▶ **Work required**: Would you return the entries below exactly from the line containing "let same : (j" onward, ending with the final line and including it, and nothing else?

⟨

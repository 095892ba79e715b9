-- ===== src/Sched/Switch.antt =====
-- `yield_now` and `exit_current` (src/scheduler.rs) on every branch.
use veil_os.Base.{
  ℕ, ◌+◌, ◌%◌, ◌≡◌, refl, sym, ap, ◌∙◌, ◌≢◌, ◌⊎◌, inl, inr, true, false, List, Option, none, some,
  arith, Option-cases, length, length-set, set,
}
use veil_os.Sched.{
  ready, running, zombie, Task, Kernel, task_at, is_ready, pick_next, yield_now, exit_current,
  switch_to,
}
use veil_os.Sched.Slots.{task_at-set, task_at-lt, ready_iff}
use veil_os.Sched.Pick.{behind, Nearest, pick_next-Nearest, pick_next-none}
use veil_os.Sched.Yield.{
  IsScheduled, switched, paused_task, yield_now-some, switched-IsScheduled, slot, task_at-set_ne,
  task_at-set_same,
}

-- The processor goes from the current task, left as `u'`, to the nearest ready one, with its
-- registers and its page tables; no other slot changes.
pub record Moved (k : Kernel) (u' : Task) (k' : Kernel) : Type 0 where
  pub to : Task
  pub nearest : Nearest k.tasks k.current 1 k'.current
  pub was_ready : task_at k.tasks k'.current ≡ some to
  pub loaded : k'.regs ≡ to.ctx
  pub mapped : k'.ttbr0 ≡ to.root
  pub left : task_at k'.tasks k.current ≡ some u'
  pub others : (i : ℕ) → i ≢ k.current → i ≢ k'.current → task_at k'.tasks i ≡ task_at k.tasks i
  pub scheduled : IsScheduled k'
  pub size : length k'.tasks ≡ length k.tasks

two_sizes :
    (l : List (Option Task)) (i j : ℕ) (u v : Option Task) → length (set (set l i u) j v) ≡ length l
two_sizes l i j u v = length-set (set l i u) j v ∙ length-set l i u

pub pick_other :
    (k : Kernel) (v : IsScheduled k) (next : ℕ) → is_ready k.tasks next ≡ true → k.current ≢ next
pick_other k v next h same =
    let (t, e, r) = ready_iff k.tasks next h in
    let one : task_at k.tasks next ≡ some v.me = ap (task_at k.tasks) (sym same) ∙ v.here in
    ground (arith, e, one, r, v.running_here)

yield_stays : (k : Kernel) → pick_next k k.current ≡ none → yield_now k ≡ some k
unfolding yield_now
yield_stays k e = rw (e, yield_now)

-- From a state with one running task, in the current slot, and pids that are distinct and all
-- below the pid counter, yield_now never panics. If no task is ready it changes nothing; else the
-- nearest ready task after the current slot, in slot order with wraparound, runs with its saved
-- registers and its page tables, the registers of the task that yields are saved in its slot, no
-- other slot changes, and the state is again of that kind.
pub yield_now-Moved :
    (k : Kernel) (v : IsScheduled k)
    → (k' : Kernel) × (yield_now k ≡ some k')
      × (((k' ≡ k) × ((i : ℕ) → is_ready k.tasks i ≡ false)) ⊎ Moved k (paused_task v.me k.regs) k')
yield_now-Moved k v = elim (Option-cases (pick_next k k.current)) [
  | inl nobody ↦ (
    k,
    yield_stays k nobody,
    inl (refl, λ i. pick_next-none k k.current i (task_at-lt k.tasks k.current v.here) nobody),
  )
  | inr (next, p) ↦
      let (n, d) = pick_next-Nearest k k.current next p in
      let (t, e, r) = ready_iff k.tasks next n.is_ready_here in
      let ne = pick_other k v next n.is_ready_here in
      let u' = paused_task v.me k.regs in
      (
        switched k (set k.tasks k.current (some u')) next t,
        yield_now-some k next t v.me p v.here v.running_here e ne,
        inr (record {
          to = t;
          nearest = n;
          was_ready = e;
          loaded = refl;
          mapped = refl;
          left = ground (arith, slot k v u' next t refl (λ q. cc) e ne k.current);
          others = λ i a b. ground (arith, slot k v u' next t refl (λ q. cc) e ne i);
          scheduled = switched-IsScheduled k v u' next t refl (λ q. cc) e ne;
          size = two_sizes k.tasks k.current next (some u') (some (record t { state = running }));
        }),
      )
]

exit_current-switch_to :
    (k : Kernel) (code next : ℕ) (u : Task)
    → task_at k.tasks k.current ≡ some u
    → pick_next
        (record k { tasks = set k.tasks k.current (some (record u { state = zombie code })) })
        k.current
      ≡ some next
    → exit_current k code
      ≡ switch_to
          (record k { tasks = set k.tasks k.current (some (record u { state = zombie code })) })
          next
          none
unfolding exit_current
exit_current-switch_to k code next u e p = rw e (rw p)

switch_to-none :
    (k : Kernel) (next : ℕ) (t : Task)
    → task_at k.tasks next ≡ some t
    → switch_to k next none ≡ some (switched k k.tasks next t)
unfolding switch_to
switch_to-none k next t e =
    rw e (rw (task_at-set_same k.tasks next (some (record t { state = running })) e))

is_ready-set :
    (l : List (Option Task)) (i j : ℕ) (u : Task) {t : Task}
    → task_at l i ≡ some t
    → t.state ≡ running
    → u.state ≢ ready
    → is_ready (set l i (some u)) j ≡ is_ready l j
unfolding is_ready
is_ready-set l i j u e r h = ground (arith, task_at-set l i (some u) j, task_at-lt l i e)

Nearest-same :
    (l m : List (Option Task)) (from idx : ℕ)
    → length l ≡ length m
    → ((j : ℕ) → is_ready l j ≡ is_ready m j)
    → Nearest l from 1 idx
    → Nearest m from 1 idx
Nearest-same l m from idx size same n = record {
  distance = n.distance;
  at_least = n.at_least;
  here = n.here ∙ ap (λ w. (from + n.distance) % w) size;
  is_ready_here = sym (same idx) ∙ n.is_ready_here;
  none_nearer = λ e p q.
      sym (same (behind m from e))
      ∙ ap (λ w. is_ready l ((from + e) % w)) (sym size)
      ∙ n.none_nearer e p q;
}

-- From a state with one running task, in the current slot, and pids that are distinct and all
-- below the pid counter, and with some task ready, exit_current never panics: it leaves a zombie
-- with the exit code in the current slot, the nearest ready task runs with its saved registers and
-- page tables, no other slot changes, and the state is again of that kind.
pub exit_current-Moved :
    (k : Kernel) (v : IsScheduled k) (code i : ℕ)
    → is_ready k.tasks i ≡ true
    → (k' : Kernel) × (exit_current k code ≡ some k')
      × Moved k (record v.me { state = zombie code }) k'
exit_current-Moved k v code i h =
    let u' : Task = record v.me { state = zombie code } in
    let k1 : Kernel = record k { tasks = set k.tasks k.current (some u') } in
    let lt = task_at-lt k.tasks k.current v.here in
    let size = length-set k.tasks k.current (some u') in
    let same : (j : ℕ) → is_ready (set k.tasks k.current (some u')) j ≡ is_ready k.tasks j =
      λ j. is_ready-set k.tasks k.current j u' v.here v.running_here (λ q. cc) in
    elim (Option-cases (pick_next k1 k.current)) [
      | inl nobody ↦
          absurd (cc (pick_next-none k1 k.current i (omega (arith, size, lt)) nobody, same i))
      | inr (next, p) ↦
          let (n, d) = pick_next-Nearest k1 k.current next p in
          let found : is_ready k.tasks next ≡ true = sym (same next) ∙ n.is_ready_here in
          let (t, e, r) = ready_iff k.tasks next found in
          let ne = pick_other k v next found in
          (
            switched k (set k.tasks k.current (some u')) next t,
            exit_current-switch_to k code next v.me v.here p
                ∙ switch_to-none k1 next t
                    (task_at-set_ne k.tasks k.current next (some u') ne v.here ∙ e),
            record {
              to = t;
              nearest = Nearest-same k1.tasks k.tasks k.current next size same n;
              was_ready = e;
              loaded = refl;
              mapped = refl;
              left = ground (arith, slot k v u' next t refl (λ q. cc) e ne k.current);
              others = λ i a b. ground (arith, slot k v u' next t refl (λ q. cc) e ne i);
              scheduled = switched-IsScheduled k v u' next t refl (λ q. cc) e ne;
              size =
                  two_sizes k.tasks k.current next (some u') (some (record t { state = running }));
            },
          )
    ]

⟩

▶ **Completed task**:
    let same : (j : ℕ) → is_ready (set k.tasks k.current (some u')) j ≡ is_ready k.tasks j =
      λ j. is_ready-set k.tasks k.current j u' v.here v.running_here (λ q. cc) in
    elim (Option-cases (pick_next k1 k.current)) [
      | inl nobody ↦
          absurd (cc (pick_next-none k1 k.current i (omega (arith, size, lt)) nobody, same i))
      | inr (next, p) ↦
          let (n, d) = pick_next-Nearest k1 k.current next p in
          let found : is_ready k.tasks next ≡ true = sym (same next) ∙ n.is_ready_here in
          let (t, e, r) = ready_iff k.tasks next found in
          let ne = pick_other k v next found in
          (
            switched k (set k.tasks k.current (some u')) next t,
            exit_current-switch_to k code next v.me v.here p
                ∙ switch_to-none k1 next t
                    (task_at-set_ne k.tasks k.current next (some u') ne v.here ∙ e),
            record {
              to = t;
              nearest = Nearest-same k1.tasks k.tasks k.current next size same n;
              was_ready = e;
              loaded = refl;
              mapped = refl;
              left = ground (arith, slot k v u' next t refl (λ q. cc) e ne k.current);
              others = λ i a b. ground (arith, slot k v u' next t refl (λ q. cc) e ne i);
              scheduled = switched-IsScheduled k v u' next t refl (λ q. cc) e ne;
              size =
                  two_sizes k.tasks k.current next (some u') (some (record t { state = running }));
            },
          )
    ]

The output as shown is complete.